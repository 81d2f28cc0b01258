-- ===== src/Board/Filled.antt =====
-- The digits that `%08X` prints, read as a number.
use rsd_m.Asm.Program.{hex_digits}
use rsd_m.Base.Text.{Text, is_xdigit, peek}
use rsd_m.Board.{hex_number}
use rsd_m.RoundTrip.Hex.{digit-is_xdigit, digit-value, digits-step}
use native.Mathlib.Nat.{pow-suc, one-le-pow}
use rsd_m.Base.{ℕ, zero, suc, ◌+◌, ◌*◌, ◌/◌, ◌%◌, ◌^◌, ◌<◌, ◌≡◌, refl, false, [], ◌∷◌, ◌++◌, arith}

pub hex_number_stop : (v : ℕ) (p : Text) → is_xdigit (peek p) ≡ false → hex_number v p ≡ v
unfolding hex_number
hex_number_stop v [] h = refl
hex_number_stop v (c ∷ p) h = rw (h, hex_number)

pub hex_number-hex_digits :
    (n v w : ℕ) (rest : Text)
    → is_xdigit (peek rest) ≡ false
    → hex_number v (hex_digits n w ++ rest) ≡ v * 16 ^ n + w % 16 ^ n
unfolding hex_number hex_digits
hex_number-hex_digits zero v w rest h =
    let one : v * 1 + w % 1 ≡ v = omega arith in rw one (hex_number_stop v rest h)
hex_number-hex_digits (suc n) v w rest h =
    let P = 16 ^ n in
    let d = w / P % 16 in
    let hd : d < 16 = omega arith in
    let pos : 0 < P = one-le-pow n 16 (omega arith) in
    let power : 16 ^ suc n ≡ 16 * P = omega (arith, pow-suc 16 n) in
    let value : v * 16 ^ suc n + w % 16 ^ suc n ≡ (v * 16 + d) * P + w % P =
      rw (power, digits-step P w pos) (grind arith) in
    rw (hex_number, digit-is_xdigit d hd, digit-value d hd, value)
      (hex_number-hex_digits n (v * 16 + d) w rest h)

Problem:
Would you return all of the data exactly as given?

Solution to the problem:
repository 81d2f28cc0b01258
-- ===== src/Board/Filled.antt =====
-- The digits that `%08X` prints, read as a number.
use rsd_m.Asm.Program.{hex_digits}
use rsd_m.Base.Text.{Text, is_xdigit, peek}
use rsd_m.Board.{hex_number}
use rsd_m.RoundTrip.Hex.{digit-is_xdigit, digit-value, digits-step}
use native.Mathlib.Nat.{pow-suc, one-le-pow}
use rsd_m.Base.{ℕ, zero, suc, ◌+◌, ◌*◌, ◌/◌, ◌%◌, ◌^◌, ◌<◌, ◌≡◌, refl, false, [], ◌∷◌, ◌++◌, arith}

pub hex_number_stop : (v : ℕ) (p : Text) → is_xdigit (peek p) ≡ false → hex_number v p ≡ v
unfolding hex_number
hex_number_stop v [] h = refl
hex_number_stop v (c ∷ p) h = rw (h, hex_number)

pub hex_number-hex_digits :
    (n v w : ℕ) (rest : Text)
    → is_xdigit (peek rest) ≡ false
    → hex_number v (hex_digits n w ++ rest) ≡ v * 16 ^ n + w % 16 ^ n
unfolding hex_number hex_digits
hex_number-hex_digits zero v w rest h =
    let one : v * 1 + w % 1 ≡ v = omega arith in rw one (hex_number_stop v rest h)
hex_number-hex_digits (suc n) v w rest h =
    let P = 16 ^ n in
    let d = w / P % 16 in
    let hd : d < 16 = omega arith in
    let pos : 0 < P = one-le-pow n 16 (omega arith) in
    let power : 16 ^ suc n ≡ 16 * P = omega (arith, pow-suc 16 n) in
    let value : v * 16 ^ suc n + w % 16 ^ suc n ≡ (v * 16 + d) * P + w % P =
      rw (power, digits-step P w pos) (grind arith) in
    rw (hex_number, digit-is_xdigit d hd, digit-value d hd, value)
      (hex_number-hex_digits n (v * 16 + d) w rest h)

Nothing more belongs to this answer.